直到看见谢慈微睁的眼睛,阿尽才长长舒了口气,小心翼翼地将对方扶起。
顺着小厮的力道起身,谢慈疲惫地撩起眼帘,呼吸浅淡。若非还有苍白的脸色映衬,他看上去几乎像是个没事人。
男子顺手拧了把湿透的袖口,全无方才伪装的楚楚可怜,近乎随口一问:“你可知,秦千雪是从何时性情大变的?”

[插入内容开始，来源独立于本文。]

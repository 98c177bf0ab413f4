-- ===== src/Consensus/Commits.antt =====
-- What `commitInner` of consensus/consensus.go executes.
use hotstuff_repbased_leader.Prelude.{
  ℕ, zero, suc, ◌≡◌, ◌≤◌, ◌<◌, refl, some, List, [], ◌∷◌, ◌++◌, map, arith, ap, length,
}
use hotstuff_repbased_leader.Types.{Block}
use hotstuff_repbased_leader.BlockChain.{Chain}
use hotstuff_repbased_leader.BlockChain.Lookups.{block_at, get_hit}
use hotstuff_repbased_leader.State.{exec, Replica, Env}
use hotstuff_repbased_leader.Access.{get_block}
use hotstuff_repbased_leader.Consensus.{commit_inner, execute}

-- The stored ancestors of a block above a view, the block first, down to the first ancestor at or
-- below the view. The views need not fall on the way.
pub data Uncommitted (chain : Chain) (view : ℕ) : Block → List Block → Type 0 where
  done : {b : Block} → b.view ≤ view → Uncommitted chain view b []
  more :
      {b p : Block} {bs : List Block}
      → view < b.view
      → block_at b.parent chain ≡ some p
      → Uncommitted chain view p bs
      → Uncommitted chain view b (b ∷ bs)

abbrev pub first_or : Block → List Block → Block
first_or d [] = d
first_or d (b ∷ bs) = b

-- The state after the blocks are executed from the last to the first.
abbrev execute_all : List Block → Replica → Replica
execute_all [] r = r
execute_all (b ∷ bs) r = execute b (execute_all bs r)

execute_all-trace :
    (bs : List Block) (r : Replica) → (execute_all bs r).trace ≡ map exec bs ++ r.trace
unfolding execute
execute_all-trace [] r = refl
execute_all-trace (b ∷ bs) r = ap (◌∷◌ (exec b)) (execute_all-trace bs r)

execute_all-b_exec :
    (bs : List Block) (r : Replica) → (execute_all bs r).b_exec ≡ first_or r.b_exec bs
unfolding execute
execute_all-b_exec [] r = refl
execute_all-b_exec (b ∷ bs) r = refl

execute_all-chain : (bs : List Block) (r : Replica) → (execute_all bs r).chain ≡ r.chain
unfolding execute
execute_all-chain [] r = refl
execute_all-chain (b ∷ bs) r = execute_all-chain bs r

pub get_block_hit :
    (env : Env) (h : ℕ) (r : Replica) {b : Block}
    → block_at h r.chain ≡ some b
    → get_block env h r ≡ (r, some b)
unfolding get_block
get_block_hit env h r found = rw (get_hit env.sha256 env.fetch h r.chain found)

commit_inner-execute_all :
    (env : Env) (fuel : ℕ) (b : Block) (bs : List Block) (r : Replica)
    → Uncommitted r.chain r.b_exec.view b bs
    → length bs < fuel
    → commit_inner env fuel b r ≡ execute_all bs r
unfolding commit_inner
commit_inner-execute_all env zero b bs r u enough = absurd (omega arith)
commit_inner-execute_all env (suc fuel) b [] r (done le) enough = ground arith
commit_inner-execute_all env (suc fuel) b (_ ∷ bs) r (more {p = p} high found u) enough =
    ground (arith, get_block_hit env b.parent r found, commit_inner-execute_all env fuel p bs r u)

-- Committing a block whose ancestors are stored down to the first one at or below the committed
-- view, whatever the views in between, executes exactly the block and the ancestors before that one,
-- the oldest first and the block last, each once, on top of what was executed before; the block is
-- then the committed block, and a block at or below the committed view changes nothing. No block is
-- fetched. The fuel is above the number of the blocks executed.
pub commit_inner_lem :
    (env : Env) (fuel : ℕ) (b : Block) (bs : List Block) (r : Replica)
    → Uncommitted r.chain r.b_exec.view b bs
    → length bs < fuel
    → let r' = commit_inner env fuel b r in
      (r'.trace ≡ map exec bs ++ r.trace)
      × (r'.b_exec ≡ first_or r.b_exec bs)
      × (r'.chain ≡ r.chain)
commit_inner_lem env fuel b bs r u enough =
    rw (commit_inner-execute_all env fuel b bs r u enough)
      (execute_all-trace bs r, execute_all-b_exec bs r, execute_all-chain bs r)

“秦小姐?”阿尽不知想到什么,无意识呢喃了句。直到看见谢慈不含感情的眸子,才垂下脑袋,端正道,“属下不知。”
他想了想:“若是属下没有猜错,秦小姐似乎是近几日,突然如此。”
阿尽此话言之有理,毕竟在不久之前,秦千雪还掷重金,为机杼阁门前修葺了白玉阶。门匾上题的字、谢慈常抚的琴,甚至府内大大小小的物件添置,或多或少都跟秦千雪沾了点关系。
“有句话属下不知当讲不当讲,秦小姐此番行径……很像是受了什么刺激。”
他话说得委婉,但有心人都能轻易听出来,这是暗指秦千雪这躯壳换了芯。毕竟连历来遵循的喜好都改变,前后差异极大,算得上面目全非,实在荒诞。
谢慈便不再多言。
隔着外袍,他用手指轻抚肩上已被水泡得泛白的伤口。脑海里仍旧在反复上演,秦千雪面不改色划破自己肩膀一幕,若有所思。